Cornelia M. Weyand, MD, PhD, professor of rheumatology and immunology at Stanford University, suggested that the GCA disease process involves abnormalities in both the innate and the adaptive immune system.
Issues with the innate immune system manifest in extravascular manifestations, with elevations seen in a number of biomarkers and cytokines like erythrocyte sedimentation rate (ESR)/C-reactive protein (CRP). Conversely, abnormalities in the adaptive immune system can lead to the vascular complications of GCA.
“The vascular part of GCA is really the part that scares the patient and us,” Weyand said. “This makes us respond with therapy and interventions.”
The key issue is seen in blood vessel walls, according to Weyand. “Nature has gone out of its way to make sure the blood vessel wall is an immune-privileged site, meaning it has no inflammatory cells,” she said.
When the T cells and macrophages of GCA disease process are inflamed at those sites, this can be problematic and difficult to treat. “The vascular components seem to be chronic and persistent,” Weyand said. “This is very hard to treat because once the disease has built its nest, it is not so easy to leave that nest.”
With all of this in mind, Weyand raised what she believes is a key question in vasculitis as it pertains to the advent of immune checkpoint inhibition. “Is autoimmune disease a consequence of not enough immune checkpoint signaling?” she said.

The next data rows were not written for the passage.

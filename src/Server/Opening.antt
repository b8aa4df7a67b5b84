-- ===== src/Server/Opening.antt =====
-- When a stream is opened by a server, and what its open leaves behind.
use psrpc.Base.{
  subst, ℕ, suc, ◌≡◌, refl, sym, ap, ◌∙◌, Bool, true, false, not, ◌&&◌, ◌||◌, Option, none, some,
  Text, list_beq, if◌then◌else◌, is_some, Bool-cases, inl, inr, text_comparable,
}
use psrpc.Base.Assoc.{lookup, insert, lookup-insert, lookup-delete-insert}
use psrpc.Messages.{ClaimResponse}
use psrpc.Errors.Values.{GoError}
use psrpc.Info.Channels.{RequestInfo}
use psrpc.Client.Select.Scores.{Floats}
use psrpc.Server.Serving.{chosen}
use psrpc.Server.Streams.{
  StreamMessage, Around, StreamHandler, forget_stream, end_stream, close_once, leave_open,
  claim_decided, claim_result, bid_for, claim_with, claim_stream, after_handler, acknowledged,
  open_stream, opened_if, handle_open_request, handle_body, handle_message,
}

module _ {F D : Type 0} (fl : Floats F) (one : F) (i : RequestInfo) (id : Text)
    (affinity_func : Option F) (out : Around D) where
  abbrev pub keen : Option F → Bool
  keen none = true
  keen (some a) = not (fl.lt a fl.zero)

  -- A claim is won here, or none is needed.
  abbrev pub won : Bool
  won =
      not i.require_claim
      || (keen affinity_func && (not (is_some out.bid_error) && chosen id out.decision))

  abbrev pub serves : Bool
  serves = won && not (is_some out.ack_error)

  -- The function hijacks the stream, and nobody has closed it when it returns.
  abbrev pub stays_open : Bool
  stays_open = out.hijacked && not (is_some out.earlier_close)

  -- What an open with ID `sid` and `rid` adds, if it is `b` that the function runs, and
  -- `kept` that it leaves the stream open.
  abbrev pub OpensAs :
      Bool → StreamHandler F D → Text → Text → ℕ → Bool → StreamHandler F D → Type 0
  OpensAs kept h sid rid ss b u =
      (u.calls ≡ (if b then suc h.calls else h.calls))
      × ((j : Text) → lookup h.claims rid ≡ none → lookup u.claims j ≡ lookup h.claims j)
      × ((j : Text)
          → lookup h.streams sid ≡ none
          → lookup u.streams j
            ≡ (if b && kept && list_beq sid j then some ss else lookup h.streams j))

  abbrev pub Opens : StreamHandler F D → Text → Text → ℕ → Bool → StreamHandler F D → Type 0
  Opens h sid rid ss b u = OpensAs stays_open h sid rid ss b u

  -- The same from a state that agrees with the one before the claim.
  abbrev Agrees : StreamHandler F D → Text → StreamHandler F D → Type 0
  Agrees h rid u =
      (u.calls ≡ h.calls)
      × (u.streams ≡ h.streams)
      × ((j : Text) → lookup h.claims rid ≡ none → lookup u.claims j ≡ lookup h.claims j)

  -- The handler's function has returned, by whether the stream is hijacked and was closed earlier.
  after_handler-Opens :
      (earlier : Option (Option (GoError D))) (y : Bool) (h u : StreamHandler F D) (sid rid : Text)
      (ss : ℕ)
      → Agrees h rid u
      → OpensAs (y && not (is_some earlier)) h sid rid ss true (
          let v = record u { streams = insert u.streams sid ss; calls = suc u.calls } in
          if y then leave_open earlier v sid ss else close_once earlier v sid ss out.handler_error)
  unfolding close_once leave_open end_stream forget_stream
  after_handler-Opens none true h u sid rid ss (c, s, k) =
      (ap suc c, k, λ j n. rw s (lookup-insert h.streams sid ss j))
  after_handler-Opens none false h u sid rid ss (c, s, k) =
      (ap suc c, k, λ j n. rw s (lookup-delete-insert h.streams sid ss j n))
  after_handler-Opens (some earlier) true h u sid rid ss (c, s, k) =
      (ap suc c, k, λ j n. rw s (lookup-delete-insert h.streams sid ss j n))
  after_handler-Opens (some earlier) false h u sid rid ss (c, s, k) =
      (ap suc c, k, λ j n. rw s (lookup-delete-insert h.streams sid ss j n))

  -- A stream that is closed by the open, or was before, is not in the map.
  close_once-Opens :
      (earlier : Option (Option (GoError D))) (cause : Option (GoError D)) (h u : StreamHandler F D)
      (sid rid : Text) (ss : ℕ)
      → Agrees h rid u
      → Opens h sid rid ss false
          (close_once earlier (record u { streams = insert u.streams sid ss }) sid ss cause)
  unfolding close_once end_stream forget_stream
  close_once-Opens none cause h u sid rid ss (c, s, k) =
      (c, k, λ j n. rw s (lookup-delete-insert h.streams sid ss j n))
  close_once-Opens (some earlier) cause h u sid rid ss (c, s, k) =
      (c, k, λ j n. rw s (lookup-delete-insert h.streams sid ss j n))

  acknowledged-Opens :
      (o : Option (GoError D)) (h u : StreamHandler F D) (sid rid : Text) (ss : ℕ)
      → Agrees h rid u
      → Opens h sid rid ss
          (not (is_some o))
          (acknowledged fl one i id affinity_func out o
            (record u { streams = insert u.streams sid ss })
            sid
            ss).0
  unfolding acknowledged after_handler
  acknowledged-Opens (some e) h u sid rid ss a =
      close_once-Opens out.earlier_close (some e) h u sid rid ss a
  acknowledged-Opens none h u sid rid ss a =
      after_handler-Opens out.earlier_close out.hijacked h u sid rid ss a

  open_stream-Opens :
      (h u : StreamHandler F D) (is : StreamMessage) (ss : ℕ)
      → Agrees h is.request_id u
      → Opens h is.stream_id is.request_id ss
          (not (is_some out.ack_error))
          (open_stream fl one i id affinity_func out u is ss).0
  unfolding open_stream
  open_stream-Opens h u is ss a =
      acknowledged-Opens out.ack_error h u is.stream_id is.request_id ss a

  -- A claim, with whether it is `b` that it was won.
  abbrev Claims :
      StreamHandler F D → Text → Bool → StreamHandler F D × (Bool × Option (GoError D)) → Type 0
  Claims h rid b x = Agrees h rid x.0 × (x.1.0 ≡ b)

  claim_result_lem :
      (e : Option (GoError D)) (d : Option ClaimResponse)
      → (claim_result id e d).0 ≡ (not (is_some e) && chosen id d)
  unfolding claim_result claim_decided
  claim_result_lem (some e) d = refl
  claim_result_lem none none = refl
  claim_result_lem none (some c) = refl

  bid_for-Claims :
      (h : StreamHandler F D) (is : StreamMessage) (node : Text) (a : F)
      → Claims h is.request_id
          (not (is_some out.bid_error) && chosen id out.decision)
          (bid_for i.service id out h is node a)
  unfolding bid_for
  bid_for-Claims h is node a = (
    (refl, refl, λ j n. lookup-delete-insert h.claims is.request_id none j n),
    claim_result_lem out.bid_error out.decision,
  )

  claim_with-Claims :
      (o : Option F) (h : StreamHandler F D) (is : StreamMessage) (node : Text)
      → Claims h is.request_id
          (keen o && (not (is_some out.bid_error) && chosen id out.decision))
          (claim_with fl one i id affinity_func out o h is node)
  unfolding claim_with
  claim_with-Claims none h is node = bid_for-Claims h is node one
  claim_with-Claims (some a) h is node = elim (Bool-cases (fl.lt a fl.zero)) [
    | inl y ↦ rw y ((refl, refl, λ j n. refl), refl)
    | inr y ↦ rw y (bid_for-Claims h is node a)
  ]

  opened_if-Opens :
      (h : StreamHandler F D) (is : StreamMessage) (ss : ℕ) (b : Bool)
      (x : StreamHandler F D × (Bool × Option (GoError D)))
      → Claims h is.request_id b x
      → Opens h is.stream_id is.request_id ss
          (b && not (is_some out.ack_error))
          (opened_if fl one i id affinity_func out is ss x).0
  unfolding opened_if
  opened_if-Opens h is ss b (u, (true, e)) (a, w) =
      subst
        (λ b.
          Opens h is.stream_id is.request_id ss (b && not (is_some out.ack_error))
            (open_stream fl one i id affinity_func out u is ss).0)
        w (open_stream-Opens h u is ss a)
  opened_if-Opens h is ss b (u, (false, e)) ((c, s, k), w) =
      subst (λ b. Opens h is.stream_id is.request_id ss (b && not (is_some out.ack_error)) u) w
        (c, k, λ j n. ap (λ m. lookup m j) s)

  branch-Opens :
      (h : StreamHandler F D) (is : StreamMessage) (node : Text) (ss : ℕ) (b : Bool)
      → Opens h is.stream_id is.request_id ss
          ((not b
              || (keen affinity_func && (not (is_some out.bid_error) && chosen id out.decision)))
            && not (is_some out.ack_error))
          (if b
            then opened_if fl one i id affinity_func out is ss
                (claim_stream fl one i id affinity_func out h is node)
            else open_stream fl one i id affinity_func out h is ss).0
  unfolding claim_stream
  branch-Opens h is node ss true =
      opened_if-Opens h is ss
        (keen affinity_func && (not (is_some out.bid_error) && chosen id out.decision))
        (claim_with fl one i id affinity_func out affinity_func h is node)
        (claim_with-Claims affinity_func h is node)
  branch-Opens h is node ss false = open_stream-Opens h h is ss (refl, refl, λ j n. refl)

  -- The open of a stream, at a handler that does not drain, runs the handler's function once where
  -- no claim is needed or this server bid and was granted, and the open was acknowledged, and not at
  -- all otherwise. Whatever fails, the claims are those from before, if the request's ID was not
  -- registered, and so are the streams, if the stream's ID was not in use: but for the new one where
  -- the function ran, hijacked it and nobody closed it before the function returned.
  pub stream_opened_once :
      (h : StreamHandler F D) (is : StreamMessage) (node : Text) (ss : ℕ)
      → is.open_node ≡ some node
      → h.draining ≡ false
      → lookup h.claims is.request_id ≡ none
      → lookup h.streams is.stream_id ≡ none
      → let u = (handle_message fl one i id affinity_func out h is ss).0 in
        (u.calls ≡ (if serves then suc h.calls else h.calls))
        × ((j : Text) → lookup u.claims j ≡ lookup h.claims j)
        × ((j : Text)
            → lookup u.streams j ≡ (
                if serves && stays_open && list_beq is.stream_id j
                then some ss
                else lookup h.streams j))
  unfolding handle_message handle_body handle_open_request
  stream_opened_once h is node ss o d n m =
      let e =
        ap (λ o. handle_body fl one i id affinity_func out o h is ss) o
        ∙ ap
            (λ b.
              if b
              then (h, none)
              else handle_open_request fl one i id affinity_func out h is node ss)
            d in
      let (c, k, s) =
        subst (λ x. Opens h is.stream_id is.request_id ss serves x.0) (sym e)
          (branch-Opens h is node ss i.require_claim) in
      (c, λ j. k j n, λ j. s j m)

In patients who have the vascular and extravascular complications of GCA, a signal of immune checkpoint deficiency can be observed, according to Weyand. “In a normal aorta, there is plenty of expression of PDL-1,” she said. “When the aorta is affected with GCA, there is a clear reduction in PDL-1.”
This is important because vasculitides like GCA can be notoriously difficult to diagnose and manage, according to Weyand. Having a clear biomarker would make the life of a rheumatologist easier and likely improve outcomes for this disease.
Weyand and her group went on to design a mouse model investigating checkpoint inhibition in mice who had been given GCA. In short, when these mice were given a checkpoint inhibitor, mild inflammation in the vasculature became very aggressive. “If we break the immune checkpoint, all the inflammatory cytokines jump up,” she said, noting expression of interferon-gamma, interleukin-(IL)-17a and IL-21, among other inflammatory markers. “Checkpoint inhibition also unleashes T cell immunity.”
As Weyand and her group dug deeper into immune processes in their mouse model, they observed that CD28 had “beneficial effects on the remodeling of the artery,” she said. “The thickness of the intima is positive on this intervention.”
While there is considerable work to be done to develop and refine this potential treatment strategy, Weyand believes it could be a first step in providing relief for patients with this complicated and therapeutically challenging condition. “There is hope on the horizon,” she said.